Selbst anpacken? Eher nicht
Menschen, die bei Gefahr selbst ohne Zaudern zupacken, würden gleichzeitig immer rarer. "Bürgerinnen und Bürger wissen nicht mehr, wie sie mit ungewöhnlichen Situationen umgehen sollen, das ist eine Erscheinung unserer Zeit", konstatiert Eitzenberger. Auch daran liege es, dass sich die Erwartung an freiwillig Engagierte in den letzten Jahren deutlich gesteigert habe: "Man verlässt sich auf die Rundumversorgung, die wir in Deutschland haben, und denkt, dadurch kann einem selbst letztlich nichts passieren." Es gebe jedoch zum Glück auch Ausnahmen: "Beim Hochwasser 2013 in Passau zum Beispiel haben viele Studenten spontan mitgeholfen."

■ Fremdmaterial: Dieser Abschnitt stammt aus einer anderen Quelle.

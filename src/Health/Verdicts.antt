-- ===== src/Health/Verdicts.antt =====
-- When a probe is a success, and what its cost rests on.
use router_extra.Prelude.{
  ℕ, String, ◌≡◌, ◌≢◌, ◌↔◌, ◌⊎◌, refl, sym, ap, ◌∙◌, inl, inr, Option-cases, Bool, true, false,
  ◌&&◌, ◌||◌, none, some, arith, str_eq,
}
use router_extra.Health.Streaks.{or_else-holds}
use router_extra.Health.{live, paid, Counters, zero_counters, Evidence}
use router_extra.Health.Classify.{
  Probe, word_free, word_paid, timeout_rule, transport_rule, success_rule, live_verdict,
  unverified_verdict, account_rule, status_rule, or_else, resolve_status, classify_from,
  is_verified_live, live_cost, is_provider_or_model_known_free, is_provider_known_paid,
}

-- What has to hold for a probe to count as a success.
pub record Succeeds (p : Probe) : Type 0 where
  pub in_time : p.is_timeout ≡ false
  pub not_408 : p.status_code ≢ 408
  pub payload : p.is_html ≡ false
  pub resolved :
      (p.dns_words && (str_eq p.error_code "network_error" || str_eq p.error_code "")) ≡ false
  pub status_ok : resolve_status p ≡ 200
  pub verified : is_verified_live p ≡ true

account-ne-live :
    (p : Probe) (s : ℕ) (c : Counters) (r : Evidence)
    → account_rule p s c ≡ some r
    → r.availability ≢ live
unfolding account_rule
account-ne-live p s c r h = ground arith

status-ne-live :
    (hc : ℕ → String) (p : Probe) (s : ℕ) (c : Counters)
    → (status_rule hc p s c).availability ≢ live
unfolding status_rule
status-ne-live hc p s c = ground arith

later-ne-live :
    (hc : ℕ → String) (p : Probe) (s : ℕ) (c : Counters)
    → (or_else (account_rule p s c) (status_rule hc p s c)).availability ≢ live
later-ne-live hc p s c =
    or_else-holds (λ r. r.availability ≢ live) (account_rule p s c) (status_rule hc p s c)
      (account-ne-live p s c) (status-ne-live hc p s c)

timeout_none :
    (p : Probe) (c : Counters)
    → (timeout_rule p c ≡ none) ↔ ((p.is_timeout ≡ false) × (p.status_code ≢ 408))
unfolding timeout_rule
timeout_none p c = ground arith

timeout-ne-live :
    (p : Probe) (c : Counters) (r : Evidence) → timeout_rule p c ≡ some r → r.availability ≢ live
unfolding timeout_rule
timeout-ne-live p c r h = ground arith

abbrev unresolved : Probe → Bool
unresolved p = p.dns_words && (str_eq p.error_code "network_error" || str_eq p.error_code "")

transport_none :
    (p : Probe) (s : ℕ) (c : Counters)
    → (transport_rule p s c ≡ none) ↔ ((p.is_html ≡ false) × (unresolved p ≡ false))
unfolding transport_rule
transport_none p s c = ground arith

transport-ne-live :
    (p : Probe) (s : ℕ) (c : Counters) (r : Evidence)
    → transport_rule p s c ≡ some r
    → r.availability ≢ live
unfolding transport_rule
transport-ne-live p s c r h = ground arith

success_rule_live :
    (p : Probe) (s : ℕ) (c : Counters)
    → s ≡ 200
    → is_verified_live p ≡ true
    → success_rule p s c ≡ some (live_verdict p)
unfolding success_rule
success_rule_live p s c e v = rw (e, v) refl

success_only :
    (p : Probe) (s : ℕ) (c : Counters) (r : Evidence)
    → success_rule p s c ≡ some r
    → r.availability ≡ live
    → (s ≡ 200) × (is_verified_live p ≡ true) × (r ≡ live_verdict p)
unfolding success_rule unverified_verdict
success_only p s c r h l = ground arith

-- A live verdict is the success's, and the conditions for it hold.
live_only :
    (hc : ℕ → String) (p : Probe) (c : Counters)
    → (classify_from hc p c).availability ≡ live
    → Succeeds p × (classify_from hc p c ≡ live_verdict p)
unfolding classify_from or_else
live_only hc p c h = elim (Option-cases (timeout_rule p c)) [
  | inr (r, e) ↦ absurd (timeout-ne-live p c r e (rw e at h))
  | inl e ↦ elim (Option-cases (transport_rule p (resolve_status p) c)) [
    | inr (r, f) ↦ absurd (transport-ne-live p (resolve_status p) c r f (rw (e, f) at h))
    | inl f ↦ elim (Option-cases (success_rule p (resolve_status p) c)) [
      | inl g ↦ absurd (later-ne-live hc p (resolve_status p) c (rw (e, f, g) at h))
      | inr (r, g) ↦
          let (ok, verified, same) = success_only p (resolve_status p) c r g (rw (e, f, g) at h) in
          let (timely, not_408) = (timeout_none p c).0 e in
          let (payload, known) = (transport_none p (resolve_status p) c).0 f in
          (
            record {
              in_time = timely;
              not_408 = not_408;
              payload = payload;
              resolved = known;
              status_ok = ok;
              verified = verified;
            },
            rw (e, f, g) same,
          )
    ]
  ]
]

-- A probe is classified as live exactly when it came in time, its answer is an API payload and no
-- name resolution failure, the code of the rejecting layer is 200 and the answer is a verified
-- inference with no error.
pub live_iff :
    (hc : ℕ → String) (p : Probe) (c : Counters)
    → ((classify_from hc p c).availability ≡ live) ↔ Succeeds p
unfolding classify_from or_else live_verdict
live_iff hc p c = (
  λ h. (live_only hc p c h).0,
  λ w.
      let e = (timeout_none p c).1 (w.in_time, w.not_408) in
      let f = (transport_none p (resolve_status p) c).1 (w.payload, w.resolved) in
      rw (e, f, success_rule_live p (resolve_status p) c w.status_ok w.verified) refl,
)

paid_needs :
    (p : Probe)
    → live_cost p ≡ paid
    → (p.cost_override ≡ some word_paid)
      ⊎ ((p.cost_override ≢ some word_free) × (p.cost_hint ≡ some word_paid))
      ⊎ ((p.cost_override ≢ some word_free)
          × (p.cost_hint ≢ some word_free)
          × (is_provider_or_model_known_free p.provider_prefix p.model_id ≡ false)
          × (is_provider_known_paid p.provider_prefix ≡ true))
unfolding live_cost
paid_needs p h = ground arith

-- A success clears every counter, and its cost is paid only by the operator's override, by the
-- catalogue's hint where the override does not say free, or for a provider that is known to be
-- paid where neither says free and neither provider nor model is known to be free.
pub live_cost_lem :
    (hc : ℕ → String) (p : Probe) (c : Counters)
    → let r = classify_from hc p c in
      r.availability ≡ live
      → (r.counters ≡ zero_counters)
        × (r.cost ≡ paid
            → (p.cost_override ≡ some word_paid)
              ⊎ ((p.cost_override ≢ some word_free) × (p.cost_hint ≡ some word_paid))
              ⊎ ((p.cost_override ≢ some word_free)
                  × (p.cost_hint ≢ some word_free)
                  × (is_provider_or_model_known_free p.provider_prefix p.model_id ≡ false)
                  × (is_provider_known_paid p.provider_prefix ≡ true)))
unfolding live_verdict
live_cost_lem hc p c h =
    let e = (live_only hc p c h).1 in
    (
      ap (λ (r : Evidence). r.counters) e,
      λ q. paid_needs p (sym (ap (λ (r : Evidence). r.cost) e) ∙ q),
    )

"Wir machen, was wir machen können und machen dürfen, doch die Menschen erwarten, dass wir mehr tun."
Für sie sei ihr Ehrenamt eine Quelle der Freude, bekennt Simone Hereth aus Nürnberg, die sich seit 2017 bei den Maltesern einbringt: "Anderen Menschen zu helfen, das macht mir einfach Spaß." Die 26-Jährige engagiert sich unter anderem als First Responderin. Das bedeutet, dass sie dann, wenn zum Beispiel der Notarzt gerade bei einem anderen Einsatz ist, als Sanitäterin vor Ort geht, um zu beginnen, einen Menschen, der zusammengebrochen ist, zu reanimieren. Sehr oft, gibt die junge Frau zu, müsse sie sich bei diesen Einsätzen ärgern: "Wir machen, was wir machen können und machen dürfen, doch die Menschen erwarten, dass wir mehr tun."
Unwirsche Reaktionen an der Tagesordnung
Dieses Verhalten war vor allem anfangs eine arge Enttäuschung für die junge Frau, die sich neben ihrem Job als Sachbearbeiterin ehrenamtlich einbringt. Natürlich verstehe sie, dass Menschen, deren Angehörigen es sehr schlecht geht, umgehend umfassende Hilfe wollen. "Doch wir First Responder dürfen keine Medikamente geben, und wir können auch keinen Kranken transportieren", erklärt sie. Die freiwilligen Helfer*innen vor Ort bereiten jedoch alles für die Notärzt*innen vor. Inzwischen habe sie sich daran gewöhnt, dass es bei Einsätzen mitunter zu unwirschen Reaktionen kommt, sagt Hereth: "Ich versuche, das einfach runterzuschlucken."